→ PROVIDED DATA:
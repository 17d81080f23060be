-- ===== src/Database/Migrator/Fresh.antt =====
-- `Fresh`: dropping every table is one transaction.
use gin_di.Prelude.{
  and_then_rule, and_then, Action-cases, subst, ap, ◌∙◌, ◌++◌, ◌≡◌, refl, inl, inr, ◌⊎◌, sym, List,
  [], ◌∷◌, Option, none, some, Result, ok, err, Result-cases, Text, codes,
}
use gin_di.Database.Interface.{Database, Failure, IsTransactional, drop_table, wrap, cause}
use gin_di.Database.Service
use gin_di.Database.Migrator.{
  RegisteredMigration, committed, dropped, drop_each, drop_tables, drop_all_tables, table_names,
  in_transaction, fresh, run,
}
use gin_di.Database.Migrator.Reads.{err≢ok}

module _ (d : Database) (laws : IsTransactional d) where
  open d use {Db, Tx, Error, exec, commit, rollback}

  -- A method that fails without a trace, or does not fail.
  abbrev pub KeepsOnError : Db → Db × Result (Failure Error) (Unit {0}) → Type 0
  KeepsOnError db r = (r.1 ≡ ok tt) ⊎ ((e : Failure Error) × (r ≡ (db, err e)))

  committed-Keeps :
      (db : Db) (r : Db × Option Error)
      → ((e : Error) → r.1 ≡ some e → r.0 ≡ db)
      → KeepsOnError db (committed d r)
  unfolding committed
  committed-Keeps db (db', none) failed = inl refl
  committed-Keeps db (db', some e) failed =
      inr (wrap (codes "committing transaction: ") (cause e), rw (failed e refl))

  dropped-Keeps :
      (db : Db) (table : Text) (r : Tx × Option Error)
      (rest : Tx → Db → Db × Result (Failure Error) (Unit {0}))
      → ((tx : Tx) → KeepsOnError db (rest tx db))
      → KeepsOnError db (dropped d table r rest db)
  unfolding dropped
  dropped-Keeps db table (tx, none) rest h = h tx
  dropped-Keeps db table (tx, some e) rest h =
      inr
        (wrap (codes "dropping " ++ table ++ codes ": ") (cause e), rw (laws.rollback_keeps tx db))

  drop_each-Keeps :
      (tables : List Text) (tx : Tx) (db : Db) → KeepsOnError db (drop_each d tables tx db)
  unfolding drop_each
  drop_each-Keeps [] tx db = committed-Keeps db (commit tx db) (laws.commit_fails tx db)
  drop_each-Keeps (table ∷ tables) tx db =
      dropped-Keeps db table (exec (drop_table table) tx) (drop_each d tables)
        (λ tx'. drop_each-Keeps tables tx' db)

  drop_tables-Keeps : (tables : List Text) (db : Db) → KeepsOnError db (drop_tables d tables db)
  unfolding drop_tables in_transaction Service.begin
  drop_tables-Keeps [] db = inl refl
  drop_tables-Keeps (table ∷ tables) db = elim (Result-cases (d.begin db)) [
    | inl (tx, e) ↦ rw (e, in_transaction) (drop_each-Keeps (table ∷ tables) tx db)
    | inr (x, e) ↦
        rw (e, in_transaction)
          (inr (
            wrap (codes "beginning transaction: ")
                (wrap (codes "beginning transaction: ") (cause x)),
            refl,
          ))
  ]

  -- Either every table is dropped, or the call fails and the database is as before.
  pub drop_all_tables-Keeps : (db : Db) → KeepsOnError db (drop_all_tables d db)
  unfolding drop_all_tables table_names
  drop_all_tables-Keeps db =
      and_then_rule (KeepsOnError db) (table_names d db) _
        (λ db' tables read.
          subst (λ s. KeepsOnError s (drop_tables d tables db')) (sym (ap (λ r. r.0) read))
            (drop_tables-Keeps tables db'))
        (λ db' e unread. inr (e, sym (ap (λ r. (r.0, err e)) unread)))

  -- A rebuild fails while it drops the tables, and leaves the database as it was, or it drops them and
  -- is a run on the database that this leaves.
  pub fresh-cases :
      (ms : List (RegisteredMigration d)) (db : Db)
      → ((e : Failure Error) × (fresh d ms db ≡ (db, err e)))
        ⊎ ((db' : Db) × (drop_all_tables d db ≡ (db', ok tt)) × (fresh d ms db ≡ run d ms db'))
  unfolding fresh
  fresh-cases ms db = elim (Action-cases (drop_all_tables d db)) [
    | inl (db', _, e) ↦ inr (db', e, ap (λ r. and_then r (λ _. run d ms)) e)
    | inr (db', x, e) ↦ elim (drop_all_tables-Keeps db) [
      | inl never ↦ absurd (err≢ok (sym (ap (λ r. r.1) e) ∙ never))
      | inr (y, kept) ↦ inl (y, ap (λ r. and_then r (λ _. run d ms)) kept)
    ]
  ]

→ ACTION ITEM: Give the exact lines, and only those, from the line containing "(rest : Tx →" through the line containing "dropped-Keeps db table (exec" in the entries above.

→ YOUR SOLUTION:
      (rest : Tx → Db → Db × Result (Failure Error) (Unit {0}))
      → ((tx : Tx) → KeepsOnError db (rest tx db))
      → KeepsOnError db (dropped d table r rest db)
  unfolding dropped
  dropped-Keeps db table (tx, none) rest h = h tx
  dropped-Keeps db table (tx, some e) rest h =
      inr
        (wrap (codes "dropping " ++ table ++ codes ": ") (cause e), rw (laws.rollback_keeps tx db))

  drop_each-Keeps :
      (tables : List Text) (tx : Tx) (db : Db) → KeepsOnError db (drop_each d tables tx db)
  unfolding drop_each
  drop_each-Keeps [] tx db = committed-Keeps db (commit tx db) (laws.commit_fails tx db)
  drop_each-Keeps (table ∷ tables) tx db =
      dropped-Keeps db table (exec (drop_table table) tx) (drop_each d tables)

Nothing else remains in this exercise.